▸ Task brief
Which lines in the data below contain the word "absent"? Copy each of them.
[Recorded data — start]
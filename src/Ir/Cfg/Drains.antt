-- ===== src/Ir/Cfg/Drains.antt =====
-- What `_emit_sequence`, `_emit_try` and `_emit_switch` of scanner/src/aegify/ir/program_graph.py make
-- of a property that goes backwards along the control flow.
use aegify.Base.{ℕ, suc, refl, Bool, true, false, some, List, [], ◌∷◌, ◌++◌}
use aegify.Ir.Cfg.Nodes.{
  Info, Statement, simple, branch, loop_of, switch, try, Statements, end, ◌⨾◌, Clause, absent,
  present, Cases, no_case, case, Catches, no_catch, catch,
}
use aegify.Ir.Cfg.Graph.{Role, NodeId, id_of, Facts, Graph, Tail}
use aegify.Ir.Cfg.Emit.{
  Targets, statement_id, follow, inner_targets, emit_sequence, emit_statement, emit_clause,
  emit_cases, emit_catches, emit_finally,
}
use aegify.Ir.Cfg.Grows.{
  Grows, grow_on, add_edge-Grows, add_join-Grows, emit_entries-Grows, finally_entry-Grows,
  join_tails-Grows, emit_no_match-Grows, emit_uncaught-Grows, emit_simple-Grows, sequence-Grows,
  clause-Grows, cases-Grows, catches-Grows, finally-Grows, finish_finally-Grows,
}
use aegify.Ir.Cfg.Steps

module _ (whole : Graph) (P : NodeId → Type 0) (b : Steps.IsBackward whole P)
    (data_facts : List ℕ → Facts) where
  abbrev TailsEnd : List Tail → Type 0
  TailsEnd = Steps.TailsEnd whole P b

  abbrev Ends : Graph → Graph → Type 0
  Ends = Steps.Ends whole P b

  abbrev TargetsEnd : Targets → Type 0
  TargetsEnd = Steps.TargetsEnd whole P b

  split_tails : (xs ys : List Tail) → TailsEnd (xs ++ ys) → TailsEnd xs × TailsEnd ys
  split_tails [] ys h = (tt, h)
  split_tails (x ∷ xs) ys h = let (p, q) = split_tails xs ys h.1 in ((h.0, p), q)

  join_ends : (xs ys : List Tail) → TailsEnd xs → TailsEnd ys → TailsEnd (xs ++ ys)
  join_ends [] ys p q = q
  join_ends (x ∷ xs) ys p q = (p.0, join_ends xs ys p.1 q)

  inner-Ends :
      (c : Targets) (i : Info) (f : Clause)
      → TargetsEnd c
      → Steps.FinallyEnds whole P b i f
      → TargetsEnd (inner_targets c i f)
  inner-Ends c i absent t h = t
  inner-Ends c i (present s) t h = record {
    at_exit = t.at_exit;
    at_break = t.at_break;
    at_continue = t.at_continue;
    at_terminal = h;
  }

  -- Where a case that falls through goes to.
  follow-Ends :
      (i : Info) (n : ℕ) (f : Bool) (cs : Cases)
      → P (id_of Role.switch_exit i 0)
      → Steps.CasesEnd whole P b i (suc n) cs
      → P (follow i n f cs).1
  follow-Ends i n f no_case h k = h
  follow-Ends i n true (case d s cs) h k = k.0
  follow-Ends i n false (case d s cs) h k = h

  mutual
    unfolding emit_sequence

    pub sequence-Ends :
        (c : Targets) (s : Statements) (tails : List Tail) (g : Graph)
        → TargetsEnd c
        → TailsEnd (emit_sequence data_facts c s tails g).0
        → Grows (emit_sequence data_facts c s tails g).1 whole
        → TailsEnd tails × Ends g (emit_sequence data_facts c s tails g).1
    sequence-Ends c end tails g t out k = (out, Steps.none_new whole P b _ _ refl)
    sequence-Ends c (x ⨾ s) tails g t out k =
        let later =
          sequence-Ends c s (emit_statement data_facts c x tails g).0
            (emit_statement data_facts c x tails g).1 t out k in
        let now =
          statement-Ends c x tails g t later.0 (grow_on (sequence-Grows data_facts c s _ _) k) in
        (now.0, Steps.end_on whole P b now.1 later.1)

    statement-Ends :
        (c : Targets) (x : Statement) (tails : List Tail) (g : Graph)
        → TargetsEnd c
        → TailsEnd (emit_statement data_facts c x tails g).0
        → Grows (emit_statement data_facts c x tails g).1 whole
        → TailsEnd tails × Ends g (emit_statement data_facts c x tails g).1
    statement-Ends c (simple i) tails g t out k =
        let rest = Steps.emit_simple-Completes whole P b c i _ t out k in
        let first =
          Steps.enter-Ends whole P b data_facts i i.text tails g
            (grow_on (emit_simple-Grows c i _) k) rest.0 in
        (first.0, Steps.end_on whole P b first.1 rest.1)
    statement-Ends c (branch i text s f) tails g t out k =
        let parts = split_tails _ _ out in
        let no' = clause-Ends c f ((statement_id i, "false") ∷ []) _ t parts.1 k in
        let k1 = grow_on (clause-Grows data_facts c f _ _) k in
        let yes' = sequence-Ends c s ((statement_id i, "true") ∷ []) _ t parts.0 k1 in
        let first =
          Steps.enter-Ends whole P b data_facts i text tails g
            (grow_on (sequence-Grows data_facts c s _ _) k1) yes'.0.0 in
        (first.0, Steps.end_on whole P b first.1 (Steps.end_on whole P b yes'.1 no'.1))
    statement-Ends c (loop_of i text s) tails g t out k =
        let exit = id_of Role.loop_exit i 0 in
        let kb = grow_on (join_tails-Grows _ _ _ _) k in
        let ke = grow_on (sequence-Grows data_facts _ s _ _) kb in
        let at = Steps.source_ends whole P b "false" (statement_id i) exit _ ke out.0 in
        let looped = Steps.join_tails-Ends whole P b "loop-back" (statement_id i) _ _ k at in
        let body =
          sequence-Ends
            (record c { break_target = some exit; continue_target = some (statement_id i) }) s
            ((statement_id i, "true") ∷ []) _
            (record {
              at_exit = t.at_exit;
              at_break = out.0;
              at_continue = at;
              at_terminal = t.at_terminal;
            })
            looped.0 kb in
        let first =
          Steps.enter-Ends whole P b data_facts i text tails g
            (grow_on (add_join-Grows _ _) (grow_on (add_edge-Grows _ _) ke)) at in
        (
          first.0,
          Steps.end_on whole P b first.1 (
              Steps.end_on whole P b (Steps.add_join-Ends whole P b _ _) (
                Steps.end_on whole P b (Steps.add_edge-Ends whole P b _ _ out.0)
                  (Steps.end_on whole P b body.1 looped.1))),
        )
    statement-Ends c (switch i text f no_case) tails g t out k =
        let at =
          Steps.source_ends whole P b "no-match" (statement_id i) (id_of Role.switch_exit i 0) _ k
            out.0 in
        let k1 = grow_on (add_edge-Grows _ _) k in
        let first =
          Steps.enter-Ends whole P b data_facts i text tails g (grow_on (add_join-Grows _ _) k1)
            at in
        (
          first.0,
          Steps.end_on whole P b first.1 (
              Steps.end_on whole P b (Steps.add_join-Ends whole P b _ _)
                (Steps.add_edge-Ends whole P b _ _ out.0)),
        )
    statement-Ends c (switch i text f (case d s cs)) tails g t out k =
        let kc = grow_on (emit_no_match-Grows i _) k in
        let later =
          cases-Ends (record c { break_target = some (id_of Role.switch_exit i 0) }) i 0 f
            (case d s cs) _
            (record {
              at_exit = t.at_exit;
              at_break = out.0;
              at_continue = t.at_continue;
              at_terminal = t.at_terminal;
            })
            out.0 kc in
        let kn = grow_on (cases-Grows data_facts _ i 0 f (case d s cs) _) kc in
        let at = Steps.entries_source whole P b i d s cs _ kn later.0.0 in
        let first =
          Steps.enter-Ends whole P b data_facts i text tails g
            (grow_on (add_join-Grows _ _) (grow_on (emit_entries-Grows i 0 (case d s cs) _) kn))
            at in
        (
          first.0,
          Steps.end_on whole P b first.1 (
              Steps.end_on whole P b (Steps.add_join-Ends whole P b _ _) (
                Steps.end_on whole P b
                  (Steps.emit_entries-Ends whole P b i 0 (case d s cs) _ later.0)
                  (Steps.end_on whole P b later.1 (Steps.emit_no_match-Ends whole P b i _ out.0)))),
        )
    statement-Ends c (try i s m f l) tails g t out k =
        let fin = finally-Ends c i _ _ l _ t out.0 k in
        let ti = inner-Ends c i l t fin.1 in
        let kn = grow_on (finally-Grows data_facts c i _ _ l _) k in
        let parts = split_tails _ _ fin.0 in
        let after = clause-Ends (inner_targets c i l) f _ _ ti parts.0 kn in
        let ku = grow_on (clause-Grows data_facts _ f _ _) kn in
        let kk = grow_on (emit_uncaught-Grows _ m _ _) ku in
        let caught = catches-Ends (inner_targets c i l) i 0 _ m _ ti parts.1 kk in
        let kr = grow_on (catches-Grows data_facts _ i 0 _ m _) kk in
        let body =
          sequence-Ends (inner_targets c i l) s ((statement_id i, "try") ∷ []) _ ti after.0 kr in
        let ks = grow_on (sequence-Grows data_facts _ s _ _) kr in
        let first =
          Steps.enter-Ends whole P b data_facts i i.text tails g
            (grow_on (add_join-Grows _ _) (grow_on (finally_entry-Grows i l _) ks)) body.0.0 in
        (
          first.0,
          Steps.end_on whole P b first.1 (
              Steps.end_on whole P b
                (Steps.end_on whole P b (Steps.add_join-Ends whole P b _ _)
                  (Steps.finally_entry-Ends whole P b i l _))
                (Steps.end_on whole P b body.1 (
                  Steps.end_on whole P b caught (
                    Steps.end_on whole P b
                      (Steps.emit_uncaught-Ends whole P b (inner_targets c i l) m _ _ ti)
                      (Steps.end_on whole P b after.1 fin.2))))),
        )

    clause-Ends :
        (c : Targets) (f : Clause) (tails : List Tail) (g : Graph)
        → TargetsEnd c
        → TailsEnd (emit_clause data_facts c f tails g).0
        → Grows (emit_clause data_facts c f tails g).1 whole
        → TailsEnd tails × Ends g (emit_clause data_facts c f tails g).1
    clause-Ends c absent tails g t out k = (out, Steps.none_new whole P b _ _ refl)
    clause-Ends c (present s) tails g t out k = sequence-Ends c s tails g t out k

    cases-Ends :
        (c : Targets) (i : Info) (n : ℕ) (f : Bool) (cs : Cases) (g : Graph)
        → TargetsEnd c
        → P (id_of Role.switch_exit i 0)
        → Grows (emit_cases data_facts c i n f cs g) whole
        → Steps.CasesEnd whole P b i n cs × Ends g (emit_cases data_facts c i n f cs g)
    cases-Ends c i n f no_case g t h k = (tt, Steps.none_new whole P b _ _ refl)
    cases-Ends c i n f (case d s cs) g t h k =
        let later = cases-Ends c i (suc n) f cs _ t h k in
        let k1 = grow_on (cases-Grows data_facts c i (suc n) f cs _) k in
        let joined =
          Steps.join_tails-Ends whole P b (follow i n f cs).0 (follow i n f cs).1 _ _ k1
            (follow-Ends i n f cs h later.0) in
        let body =
          sequence-Ends c s ((id_of Role.case_entry i n, "case-body") ∷ []) g t joined.0
            (grow_on (join_tails-Grows _ _ _ _) k1) in
        (
          (body.0.0, later.0),
          Steps.end_on whole P b body.1 (Steps.end_on whole P b joined.1 later.1),
        )

    catches-Ends :
        (c : Targets) (i : Info) (n : ℕ) (inside : List NodeId) (m : Catches) (g : Graph)
        → TargetsEnd c
        → TailsEnd (emit_catches data_facts c i n inside m g).0
        → Grows (emit_catches data_facts c i n inside m g).1 whole
        → Ends g (emit_catches data_facts c i n inside m g).1
    catches-Ends c i n inside no_catch g t out k = Steps.none_new whole P b _ _ refl
    catches-Ends c i n inside (catch s m) g t out k =
        let parts = split_tails _ _ out in
        let later = catches-Ends c i (suc n) inside m _ t parts.1 k in
        let body =
          sequence-Ends c s ((id_of Role.catch_entry i n, "catch") ∷ []) _ t parts.0
            (grow_on (catches-Grows data_facts c i (suc n) inside m _) k) in
        Steps.end_on whole P b (Steps.add_join-Ends whole P b _ g) (
          Steps.end_on whole P b (Steps.add_edge-Ends whole P b _ _ body.0.0) (
            Steps.end_on whole P b (Steps.join_nodes-Ends whole P b "exception" _ inside _ body.0.0)
              (Steps.end_on whole P b body.1 later)))

    finally-Ends :
        (c : Targets) (i : Info) (u : Bool) (tails : List Tail) (f : Clause) (g : Graph)
        → TargetsEnd c
        → P (id_of Role.try_exit i 0)
        → Grows (emit_finally data_facts c i u tails f g) whole
        → TailsEnd tails
          × Steps.FinallyEnds whole P b i f
          × Ends g (emit_finally data_facts c i u tails f g)
    finally-Ends c i u tails absent g t h k =
        let joined =
          Steps.join_tails-Ends whole P b "try-complete" (id_of Role.try_exit i 0) tails g k h in
        (joined.0, tt, joined.1)
    finally-Ends c i u tails (present s) g t h k =
        let fin = Steps.finish_finally-Ends whole P b c i _ _ _ t h k in
        let kr = grow_on (finish_finally-Grows c i _ _ _) k in
        let body =
          sequence-Ends c s ((id_of Role.finally_entry i 0, "finally-body") ∷ []) _ t fin.0 kr in
        let kj = grow_on (sequence-Grows data_facts _ s _ _) kr in
        let joined =
          Steps.join_tails-Ends whole P b "finally" (id_of Role.finally_entry i 0) tails g kj
            body.0.0 in
        (joined.0, body.0.0, Steps.end_on whole P b joined.1 (Steps.end_on whole P b body.1 fin.1))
[Recorded data — finish]
▸ Task result
  Info, Statement, simple, branch, loop_of, switch, try, Statements, end, ◌⨾◌, Clause, absent,
  inner-Ends c i absent t h = t
    clause-Ends c absent tails g t out k = (out, Steps.none_new whole P b _ _ refl)
    finally-Ends c i u tails absent g t h k =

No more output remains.